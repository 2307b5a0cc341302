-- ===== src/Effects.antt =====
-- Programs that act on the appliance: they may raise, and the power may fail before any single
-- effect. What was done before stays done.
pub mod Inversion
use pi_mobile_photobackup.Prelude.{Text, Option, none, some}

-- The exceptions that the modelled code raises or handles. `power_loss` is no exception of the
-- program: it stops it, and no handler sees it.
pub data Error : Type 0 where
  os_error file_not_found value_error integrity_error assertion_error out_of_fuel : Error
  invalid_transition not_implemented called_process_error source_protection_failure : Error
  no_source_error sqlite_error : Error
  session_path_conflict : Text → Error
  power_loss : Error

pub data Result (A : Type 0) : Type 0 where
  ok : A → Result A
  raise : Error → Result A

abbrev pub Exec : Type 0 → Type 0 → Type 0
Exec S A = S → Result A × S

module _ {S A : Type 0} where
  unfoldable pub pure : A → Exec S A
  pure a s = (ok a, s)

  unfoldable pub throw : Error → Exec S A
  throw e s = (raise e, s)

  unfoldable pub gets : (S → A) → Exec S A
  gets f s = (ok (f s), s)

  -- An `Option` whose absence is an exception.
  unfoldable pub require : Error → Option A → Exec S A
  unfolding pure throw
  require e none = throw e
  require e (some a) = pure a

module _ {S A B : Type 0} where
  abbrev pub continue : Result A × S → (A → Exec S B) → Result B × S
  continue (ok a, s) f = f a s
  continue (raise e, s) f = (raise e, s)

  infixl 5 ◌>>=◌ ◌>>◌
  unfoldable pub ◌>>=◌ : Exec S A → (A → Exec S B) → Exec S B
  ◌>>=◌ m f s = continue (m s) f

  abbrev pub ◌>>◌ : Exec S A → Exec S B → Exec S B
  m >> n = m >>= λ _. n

□ □ □ □ □ □ □

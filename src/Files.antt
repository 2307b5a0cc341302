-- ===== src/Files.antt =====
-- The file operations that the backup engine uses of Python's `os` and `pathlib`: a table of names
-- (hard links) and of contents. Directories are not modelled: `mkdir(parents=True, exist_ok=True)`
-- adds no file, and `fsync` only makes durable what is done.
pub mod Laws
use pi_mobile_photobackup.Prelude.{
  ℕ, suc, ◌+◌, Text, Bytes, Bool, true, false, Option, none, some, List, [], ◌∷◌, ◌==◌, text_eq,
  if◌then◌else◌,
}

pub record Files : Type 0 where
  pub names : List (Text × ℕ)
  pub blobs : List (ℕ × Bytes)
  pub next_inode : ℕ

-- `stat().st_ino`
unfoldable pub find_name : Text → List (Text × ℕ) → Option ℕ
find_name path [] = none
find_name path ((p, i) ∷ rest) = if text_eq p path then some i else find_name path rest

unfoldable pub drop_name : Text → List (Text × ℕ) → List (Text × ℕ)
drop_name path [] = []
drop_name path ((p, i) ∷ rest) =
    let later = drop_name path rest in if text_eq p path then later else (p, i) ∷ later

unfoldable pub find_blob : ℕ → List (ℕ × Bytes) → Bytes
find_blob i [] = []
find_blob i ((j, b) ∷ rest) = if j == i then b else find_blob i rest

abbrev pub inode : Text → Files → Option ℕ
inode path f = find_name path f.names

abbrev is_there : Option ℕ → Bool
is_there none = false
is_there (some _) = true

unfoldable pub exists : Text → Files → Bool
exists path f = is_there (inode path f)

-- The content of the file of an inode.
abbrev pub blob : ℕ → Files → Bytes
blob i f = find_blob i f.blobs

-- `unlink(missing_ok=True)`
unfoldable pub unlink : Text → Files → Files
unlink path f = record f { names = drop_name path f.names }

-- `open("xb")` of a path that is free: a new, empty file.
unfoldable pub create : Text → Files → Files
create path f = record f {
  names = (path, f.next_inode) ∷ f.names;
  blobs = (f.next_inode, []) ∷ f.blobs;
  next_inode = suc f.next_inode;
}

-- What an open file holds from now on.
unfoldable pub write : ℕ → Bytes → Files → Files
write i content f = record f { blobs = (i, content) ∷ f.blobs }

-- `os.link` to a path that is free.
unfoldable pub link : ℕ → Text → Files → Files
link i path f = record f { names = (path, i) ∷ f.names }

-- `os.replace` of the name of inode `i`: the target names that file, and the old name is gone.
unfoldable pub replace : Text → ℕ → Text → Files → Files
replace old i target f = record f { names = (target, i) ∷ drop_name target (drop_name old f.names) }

□ □ □ □ □ □ □

### What this task involves
From the material above, set down exactly the lines between the line holding "Exec S A = S → Result A × S" and the line holding "unfoldable pub ◌>>=◌", inclusive. Include nothing else.

### Solved exercise
Exec S A = S → Result A × S

module _ {S A : Type 0} where
  unfoldable pub pure : A → Exec S A
  pure a s = (ok a, s)

  unfoldable pub throw : Error → Exec S A
  throw e s = (raise e, s)

  unfoldable pub gets : (S → A) → Exec S A
  gets f s = (ok (f s), s)

  -- An `Option` whose absence is an exception.
  unfoldable pub require : Error → Option A → Exec S A
  unfolding pure throw
  require e none = throw e
  require e (some a) = pure a

module _ {S A B : Type 0} where
  abbrev pub continue : Result A × S → (A → Exec S B) → Result B × S
  continue (ok a, s) f = f a s
  continue (raise e, s) f = (raise e, s)

  infixl 5 ◌>>=◌ ◌>>◌
  unfoldable pub ◌>>=◌ : Exec S A → (A → Exec S B) → Exec S B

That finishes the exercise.